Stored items
--- START ---
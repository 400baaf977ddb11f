-- ===== src/Ecg/WellFormed.antt =====
-- What a state of the graph promises between calls, and what a call of `insert_header` that succeeds
-- has done.
use ossa.Prelude.{
  ℕ, ◌≡◌, ◌↔◌, ◌+◌, ◌-◌, ◌%◌, ◌^◌, min, Bool, true, false, not, ◌&&◌, Option, none, some, List, [],
  ◌∷◌, map, All, Ord, beq, contains, ◌==◌, if◌then◌else◌, nat_ord,
}
use ossa.Ecg.StableDag.{Dag}
use ossa.Ecg.{EcgHeader, NodeInfo, State, get_node, knows}

unfoldable pub is_nil {ℓ} : {A : Type ℓ} → List A → Bool
is_nil [] = true
is_nil (x ∷ xs) = false

unfoldable pub is_root :
    {HeaderId Header : Type 0} → EcgHeader HeaderId Header → Option (NodeInfo Header) → Bool
unfolding is_nil
is_root ecg none = false
is_root ecg (some i) = is_nil (ecg.get_parent_ids i.header)

module _ {HeaderId Header : Type 0} ⦃o : Ord HeaderId⦄ {dag : Dag HeaderId} where
  -- the graph index and the depth of a header, 0 for one that is not known
  unfoldable pub index : State Header dag → HeaderId → ℕ
  index st p = elim (get_node st p) [ none ↦ 0 | some i ↦ i.graph_index ]

  unfoldable pub depth : State Header dag → HeaderId → ℕ
  depth st p = elim (get_node st p) [ none ↦ 0 | some i ↦ i.depth ]

  abbrev pub Known : State Header dag → List HeaderId → Type 0
  Known st ps = All (λ p. knows st p ≡ true) ps

  unfoldable pub all_known : State Header dag → List HeaderId → Bool
  all_known st [] = true
  all_known st (p ∷ ps) = knows st p && all_known st ps

  unfoldable pub least : State Header dag → ℕ → List HeaderId → ℕ
  unfolding depth
  least st d [] = d
  least st d (p ∷ ps) = least st (min d (depth st p)) ps

  -- one more than the least depth of the parents
  unfoldable pub depth_below : State Header dag → List HeaderId → ℕ
  unfolding least
  depth_below st [] = 1
  depth_below st (p ∷ ps) = (least st (2 ^ 64 - 1) (p ∷ ps) + 1) % 2 ^ 64

  module _ (ecg : EcgHeader HeaderId Header) where
    -- a header that is known and is no known header's parent
    pub record IsTip (st : State Header dag) (p : HeaderId) : Type 0 where
      pub known : knows st p ≡ true
      pub last :
          (q : HeaderId) (i : NodeInfo Header)
          → get_node st q ≡ some i
          → contains p (ecg.get_parent_ids i.header) ≡ false

    pub record IsWellFormed (st : State Header dag) : Type 0 where
      -- the nodes of the graph and the entries of the map are the same headers
      pub weight :
          (p : HeaderId) (i : NodeInfo Header)
          → get_node st p ≡ some i
          → dag.node_weight st.dependency_graph i.graph_index ≡ some p
      pub entry :
          (k : ℕ) (p : HeaderId)
          → dag.node_weight st.dependency_graph k ≡ some p
          → (i : NodeInfo Header) × (get_node st p ≡ some i) × (i.graph_index ≡ k)
      pub named :
          (p : HeaderId) (i : NodeInfo Header)
          → get_node st p ≡ some i
          → ecg.get_header_id i.header ≡ p
      -- the parents of a header are known, and the edges into its node come from them
      pub parents_known :
          (p : HeaderId) (i : NodeInfo Header)
          → get_node st p ≡ some i
          → Known st (ecg.get_parent_ids i.header)
      pub edges :
          (p : HeaderId) (i : NodeInfo Header)
          → get_node st p ≡ some i
          → (k : ℕ)
          → contains k (dag.parents st.dependency_graph i.graph_index)
            ≡ contains k (map (index st) (ecg.get_parent_ids i.header))
      pub depths :
          (p : HeaderId) (i : NodeInfo Header)
          → get_node st p ≡ some i
          → i.depth ≡ depth_below st (ecg.get_parent_ids i.header)
      pub roots : (p : HeaderId) → contains p st.root_nodes ≡ is_root ecg (get_node st p)
      pub tip : (p : HeaderId) → (contains p st.tips ≡ true) ↔ IsTip st p

    -- a header that may be inserted
    unfoldable pub accepts : State Header dag → Header → Bool
    unfolding all_known
    accepts st header =
        ecg.validate_header header (ecg.get_header_id header)
        && (not (knows st (ecg.get_header_id header)) && all_known st (ecg.get_parent_ids header))

    -- The state with one more header, a tip: its node, its entry and its edges are there, its
    -- parents are tips no more, and everything else is as it was.
    pub record Inserted (st : State Header dag) (p : HeaderId) (info : NodeInfo Header)
        (st' : State Header dag) : Type 0 where
      pub name : ecg.get_header_id info.header ≡ p
      pub unknown : get_node st p ≡ none
      pub parents_known : Known st (ecg.get_parent_ids info.header)
      pub depth_info : info.depth ≡ depth_below st (ecg.get_parent_ids info.header)
      pub fresh : dag.node_weight st.dependency_graph info.graph_index ≡ none
      pub nodes : (q : HeaderId) → get_node st' q ≡ (if beq q p then some info else get_node st q)
      pub weights :
          (k : ℕ)
          → dag.node_weight st'.dependency_graph k
            ≡ (if k == info.graph_index then some p else dag.node_weight st.dependency_graph k)
      pub edges :
          (j k : ℕ)
          → contains k (dag.parents st'.dependency_graph j) ≡ (
              if j == info.graph_index
              then contains k (map (index st) (ecg.get_parent_ids info.header))
              else contains k (dag.parents st.dependency_graph j))
      pub roots :
          (q : HeaderId)
          → contains q st'.root_nodes ≡ (
              if beq q p then is_nil (ecg.get_parent_ids info.header) else contains q st.root_nodes)
      pub tips :
          (q : HeaderId)
          → contains q st'.tips ≡ (
              if beq q p
              then true
              else if contains q (ecg.get_parent_ids info.header)
              then false
              else contains q st.tips)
--- END ---
## Task
Give an exact copy of the lines above, from the top of the records to the line that contains "unfoldable pub index", taking in both ends.

## Answer below
repository 400baaf977ddb11f
-- ===== src/Ecg/WellFormed.antt =====
-- What a state of the graph promises between calls, and what a call of `insert_header` that succeeds
-- has done.
use ossa.Prelude.{
  ℕ, ◌≡◌, ◌↔◌, ◌+◌, ◌-◌, ◌%◌, ◌^◌, min, Bool, true, false, not, ◌&&◌, Option, none, some, List, [],
  ◌∷◌, map, All, Ord, beq, contains, ◌==◌, if◌then◌else◌, nat_ord,
}
use ossa.Ecg.StableDag.{Dag}
use ossa.Ecg.{EcgHeader, NodeInfo, State, get_node, knows}

unfoldable pub is_nil {ℓ} : {A : Type ℓ} → List A → Bool
is_nil [] = true
is_nil (x ∷ xs) = false

unfoldable pub is_root :
    {HeaderId Header : Type 0} → EcgHeader HeaderId Header → Option (NodeInfo Header) → Bool
unfolding is_nil
is_root ecg none = false
is_root ecg (some i) = is_nil (ecg.get_parent_ids i.header)

module _ {HeaderId Header : Type 0} ⦃o : Ord HeaderId⦄ {dag : Dag HeaderId} where
  -- the graph index and the depth of a header, 0 for one that is not known
  unfoldable pub index : State Header dag → HeaderId → ℕ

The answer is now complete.